> [WHAT IS NEEDED] Reproduce exactly the lines below from the one containing "then some (put_req" through the one containing "(filename : Bytes) (op : TransactionOp)", including both, and nothing else.

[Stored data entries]
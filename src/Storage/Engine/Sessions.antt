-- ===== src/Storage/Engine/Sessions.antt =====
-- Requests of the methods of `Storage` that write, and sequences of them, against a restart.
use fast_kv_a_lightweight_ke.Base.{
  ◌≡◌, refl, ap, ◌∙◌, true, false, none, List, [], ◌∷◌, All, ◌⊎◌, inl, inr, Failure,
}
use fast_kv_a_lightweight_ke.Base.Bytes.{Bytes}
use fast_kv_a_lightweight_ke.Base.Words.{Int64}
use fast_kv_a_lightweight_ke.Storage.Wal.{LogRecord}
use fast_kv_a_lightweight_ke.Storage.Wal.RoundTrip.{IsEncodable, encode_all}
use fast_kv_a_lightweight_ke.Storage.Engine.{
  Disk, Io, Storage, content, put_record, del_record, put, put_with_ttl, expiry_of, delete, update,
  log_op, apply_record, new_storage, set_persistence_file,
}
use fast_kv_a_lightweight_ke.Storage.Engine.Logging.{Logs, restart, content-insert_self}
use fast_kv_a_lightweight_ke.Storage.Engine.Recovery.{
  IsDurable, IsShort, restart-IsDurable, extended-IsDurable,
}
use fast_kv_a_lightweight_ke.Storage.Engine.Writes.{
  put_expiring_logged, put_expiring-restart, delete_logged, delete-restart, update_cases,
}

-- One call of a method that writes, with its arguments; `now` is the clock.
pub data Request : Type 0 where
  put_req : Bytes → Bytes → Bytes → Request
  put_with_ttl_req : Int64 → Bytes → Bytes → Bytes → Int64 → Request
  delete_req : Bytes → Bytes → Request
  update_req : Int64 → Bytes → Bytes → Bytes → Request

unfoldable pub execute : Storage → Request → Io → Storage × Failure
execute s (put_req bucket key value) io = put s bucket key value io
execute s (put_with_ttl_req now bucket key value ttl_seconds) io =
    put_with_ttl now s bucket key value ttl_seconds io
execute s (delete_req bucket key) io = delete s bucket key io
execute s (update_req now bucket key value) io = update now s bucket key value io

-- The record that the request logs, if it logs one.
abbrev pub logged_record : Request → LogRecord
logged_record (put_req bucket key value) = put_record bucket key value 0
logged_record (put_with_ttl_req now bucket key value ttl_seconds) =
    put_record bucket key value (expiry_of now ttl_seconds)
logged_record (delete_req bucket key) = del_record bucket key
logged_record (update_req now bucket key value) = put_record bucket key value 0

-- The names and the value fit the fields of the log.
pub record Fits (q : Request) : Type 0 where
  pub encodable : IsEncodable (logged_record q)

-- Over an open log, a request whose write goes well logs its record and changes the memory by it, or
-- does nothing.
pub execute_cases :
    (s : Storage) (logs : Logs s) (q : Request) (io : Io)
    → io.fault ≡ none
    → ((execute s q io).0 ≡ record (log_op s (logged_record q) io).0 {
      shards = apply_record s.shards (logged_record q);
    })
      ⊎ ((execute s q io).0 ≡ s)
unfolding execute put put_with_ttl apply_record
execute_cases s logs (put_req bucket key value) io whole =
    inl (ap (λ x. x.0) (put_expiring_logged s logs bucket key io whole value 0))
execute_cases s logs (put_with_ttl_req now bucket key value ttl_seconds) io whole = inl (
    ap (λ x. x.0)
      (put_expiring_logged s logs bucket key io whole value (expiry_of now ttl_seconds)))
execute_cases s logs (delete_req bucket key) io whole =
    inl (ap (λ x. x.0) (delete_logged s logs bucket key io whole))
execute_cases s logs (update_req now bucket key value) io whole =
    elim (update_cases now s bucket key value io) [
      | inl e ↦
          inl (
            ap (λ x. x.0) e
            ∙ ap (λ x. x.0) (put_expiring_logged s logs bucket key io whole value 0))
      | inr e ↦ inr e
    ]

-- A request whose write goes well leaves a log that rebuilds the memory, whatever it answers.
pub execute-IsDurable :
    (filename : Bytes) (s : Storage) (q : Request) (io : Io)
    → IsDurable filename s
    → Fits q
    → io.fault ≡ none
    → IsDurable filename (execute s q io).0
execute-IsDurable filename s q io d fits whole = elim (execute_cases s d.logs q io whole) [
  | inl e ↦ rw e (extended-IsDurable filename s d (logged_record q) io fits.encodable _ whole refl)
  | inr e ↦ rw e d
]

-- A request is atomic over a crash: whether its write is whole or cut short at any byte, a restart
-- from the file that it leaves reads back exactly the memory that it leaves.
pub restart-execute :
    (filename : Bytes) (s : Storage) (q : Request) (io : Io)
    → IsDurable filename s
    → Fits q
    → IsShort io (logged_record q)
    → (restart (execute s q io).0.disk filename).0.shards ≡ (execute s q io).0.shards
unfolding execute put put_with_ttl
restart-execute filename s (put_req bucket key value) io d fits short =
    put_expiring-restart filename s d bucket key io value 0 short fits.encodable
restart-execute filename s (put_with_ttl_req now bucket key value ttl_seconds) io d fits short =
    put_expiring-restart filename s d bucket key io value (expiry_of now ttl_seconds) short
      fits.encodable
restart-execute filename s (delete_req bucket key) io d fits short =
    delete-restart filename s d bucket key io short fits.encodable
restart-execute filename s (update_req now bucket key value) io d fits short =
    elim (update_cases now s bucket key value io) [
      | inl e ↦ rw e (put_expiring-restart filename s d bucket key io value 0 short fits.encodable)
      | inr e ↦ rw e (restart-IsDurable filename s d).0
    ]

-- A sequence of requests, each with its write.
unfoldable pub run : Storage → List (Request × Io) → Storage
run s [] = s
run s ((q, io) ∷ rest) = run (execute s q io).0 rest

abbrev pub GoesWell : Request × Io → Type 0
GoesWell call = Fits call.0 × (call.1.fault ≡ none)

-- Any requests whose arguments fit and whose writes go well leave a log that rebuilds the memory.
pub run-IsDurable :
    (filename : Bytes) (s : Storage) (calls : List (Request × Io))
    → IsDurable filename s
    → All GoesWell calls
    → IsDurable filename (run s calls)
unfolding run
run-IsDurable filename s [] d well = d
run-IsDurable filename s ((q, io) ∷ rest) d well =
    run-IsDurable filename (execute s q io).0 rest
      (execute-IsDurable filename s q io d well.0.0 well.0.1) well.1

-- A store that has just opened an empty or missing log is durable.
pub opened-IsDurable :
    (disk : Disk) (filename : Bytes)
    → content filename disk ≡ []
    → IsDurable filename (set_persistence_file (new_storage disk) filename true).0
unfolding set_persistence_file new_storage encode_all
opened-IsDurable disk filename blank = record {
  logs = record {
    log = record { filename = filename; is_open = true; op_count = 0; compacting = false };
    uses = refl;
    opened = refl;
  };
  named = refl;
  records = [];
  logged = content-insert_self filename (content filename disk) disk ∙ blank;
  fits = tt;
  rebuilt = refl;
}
---
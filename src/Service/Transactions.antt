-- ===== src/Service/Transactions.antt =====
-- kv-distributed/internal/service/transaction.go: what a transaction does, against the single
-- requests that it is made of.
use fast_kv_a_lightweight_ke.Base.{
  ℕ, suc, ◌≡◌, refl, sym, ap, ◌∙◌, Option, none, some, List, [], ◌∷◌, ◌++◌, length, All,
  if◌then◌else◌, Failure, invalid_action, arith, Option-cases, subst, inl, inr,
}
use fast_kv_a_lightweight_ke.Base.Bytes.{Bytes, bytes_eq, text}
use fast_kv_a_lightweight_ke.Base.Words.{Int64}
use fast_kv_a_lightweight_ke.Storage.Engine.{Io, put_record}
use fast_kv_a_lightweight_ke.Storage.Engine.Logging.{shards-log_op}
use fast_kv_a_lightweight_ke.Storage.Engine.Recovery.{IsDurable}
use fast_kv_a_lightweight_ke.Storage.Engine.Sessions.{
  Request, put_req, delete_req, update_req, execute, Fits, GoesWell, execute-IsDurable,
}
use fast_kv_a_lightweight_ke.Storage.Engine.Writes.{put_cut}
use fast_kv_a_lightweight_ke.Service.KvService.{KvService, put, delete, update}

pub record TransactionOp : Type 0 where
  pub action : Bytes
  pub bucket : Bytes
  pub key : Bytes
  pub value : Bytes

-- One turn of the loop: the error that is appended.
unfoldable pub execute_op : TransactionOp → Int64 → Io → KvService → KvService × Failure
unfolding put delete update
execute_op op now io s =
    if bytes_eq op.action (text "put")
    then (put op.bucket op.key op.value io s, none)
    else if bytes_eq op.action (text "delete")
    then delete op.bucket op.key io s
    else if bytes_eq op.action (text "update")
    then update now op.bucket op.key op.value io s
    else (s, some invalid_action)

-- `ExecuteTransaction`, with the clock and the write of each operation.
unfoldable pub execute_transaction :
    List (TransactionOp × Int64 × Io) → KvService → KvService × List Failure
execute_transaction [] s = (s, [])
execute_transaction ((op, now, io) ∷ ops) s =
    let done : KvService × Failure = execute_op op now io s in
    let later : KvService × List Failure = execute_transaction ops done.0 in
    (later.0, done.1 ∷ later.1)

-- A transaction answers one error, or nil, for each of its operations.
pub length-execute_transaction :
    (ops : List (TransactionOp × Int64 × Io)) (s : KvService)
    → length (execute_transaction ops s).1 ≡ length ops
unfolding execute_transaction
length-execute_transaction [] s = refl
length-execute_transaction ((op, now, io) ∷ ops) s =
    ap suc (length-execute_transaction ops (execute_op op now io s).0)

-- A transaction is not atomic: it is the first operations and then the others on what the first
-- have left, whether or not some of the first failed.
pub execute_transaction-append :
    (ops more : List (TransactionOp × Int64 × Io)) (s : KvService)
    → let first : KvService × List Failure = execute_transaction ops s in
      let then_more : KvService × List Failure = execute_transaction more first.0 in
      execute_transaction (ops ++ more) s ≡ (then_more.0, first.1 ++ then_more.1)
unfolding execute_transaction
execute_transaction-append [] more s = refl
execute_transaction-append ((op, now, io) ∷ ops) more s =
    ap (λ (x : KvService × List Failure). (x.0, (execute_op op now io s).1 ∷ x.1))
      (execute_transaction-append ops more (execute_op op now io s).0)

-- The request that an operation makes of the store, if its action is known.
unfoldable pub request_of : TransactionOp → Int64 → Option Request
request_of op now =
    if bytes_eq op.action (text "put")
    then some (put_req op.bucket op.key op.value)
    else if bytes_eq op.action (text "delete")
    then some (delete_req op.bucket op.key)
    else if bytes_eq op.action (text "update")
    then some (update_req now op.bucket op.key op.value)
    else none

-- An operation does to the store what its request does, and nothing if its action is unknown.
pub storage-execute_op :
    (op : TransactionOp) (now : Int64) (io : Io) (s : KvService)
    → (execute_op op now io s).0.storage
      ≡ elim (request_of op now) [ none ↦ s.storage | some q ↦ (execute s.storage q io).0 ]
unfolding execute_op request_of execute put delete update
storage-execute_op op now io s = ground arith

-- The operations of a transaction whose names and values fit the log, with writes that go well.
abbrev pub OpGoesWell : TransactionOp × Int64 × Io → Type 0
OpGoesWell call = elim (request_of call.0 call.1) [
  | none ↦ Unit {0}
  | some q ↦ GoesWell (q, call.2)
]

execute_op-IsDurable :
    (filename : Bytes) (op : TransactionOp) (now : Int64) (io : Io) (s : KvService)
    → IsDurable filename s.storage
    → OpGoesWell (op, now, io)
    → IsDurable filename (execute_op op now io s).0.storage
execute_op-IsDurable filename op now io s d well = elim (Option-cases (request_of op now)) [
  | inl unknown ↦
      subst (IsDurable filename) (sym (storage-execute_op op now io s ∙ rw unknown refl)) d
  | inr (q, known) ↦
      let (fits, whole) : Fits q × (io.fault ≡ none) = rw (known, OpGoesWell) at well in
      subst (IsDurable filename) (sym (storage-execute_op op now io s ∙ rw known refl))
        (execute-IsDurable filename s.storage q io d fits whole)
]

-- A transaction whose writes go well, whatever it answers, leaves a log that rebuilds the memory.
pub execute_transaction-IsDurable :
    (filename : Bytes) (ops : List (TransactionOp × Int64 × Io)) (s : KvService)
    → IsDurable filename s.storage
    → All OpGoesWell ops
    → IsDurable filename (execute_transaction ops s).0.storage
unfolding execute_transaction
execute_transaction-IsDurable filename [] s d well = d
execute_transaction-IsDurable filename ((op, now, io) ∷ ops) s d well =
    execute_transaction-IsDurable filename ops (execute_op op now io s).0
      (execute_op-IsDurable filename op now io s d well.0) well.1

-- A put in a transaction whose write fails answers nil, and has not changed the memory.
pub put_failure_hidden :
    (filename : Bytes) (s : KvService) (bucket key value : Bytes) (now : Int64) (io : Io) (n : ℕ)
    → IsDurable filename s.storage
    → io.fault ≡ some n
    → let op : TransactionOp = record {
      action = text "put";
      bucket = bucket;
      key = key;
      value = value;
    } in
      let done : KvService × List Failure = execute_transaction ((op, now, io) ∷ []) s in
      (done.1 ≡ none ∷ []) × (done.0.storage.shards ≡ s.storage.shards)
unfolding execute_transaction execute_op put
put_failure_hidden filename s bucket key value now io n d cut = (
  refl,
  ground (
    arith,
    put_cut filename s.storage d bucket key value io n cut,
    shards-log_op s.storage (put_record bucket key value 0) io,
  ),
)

> [OUTPUT]
    then some (put_req op.bucket op.key op.value)
    else if bytes_eq op.action (text "delete")
    then some (delete_req op.bucket op.key)
    else if bytes_eq op.action (text "update")
    then some (update_req now op.bucket op.key op.value)
    else none

-- An operation does to the store what its request does, and nothing if its action is unknown.
pub storage-execute_op :
    (op : TransactionOp) (now : Int64) (io : Io) (s : KvService)
    → (execute_op op now io s).0.storage
      ≡ elim (request_of op now) [ none ↦ s.storage | some q ↦ (execute s.storage q io).0 ]
unfolding execute_op request_of execute put delete update
storage-execute_op op now io s = ground arith

-- The operations of a transaction whose names and values fit the log, with writes that go well.
abbrev pub OpGoesWell : TransactionOp × Int64 × Io → Type 0
OpGoesWell call = elim (request_of call.0 call.1) [
  | none ↦ Unit {0}
  | some q ↦ GoesWell (q, call.2)
]

execute_op-IsDurable :
    (filename : Bytes) (op : TransactionOp) (now : Int64) (io : Io) (s : KvService)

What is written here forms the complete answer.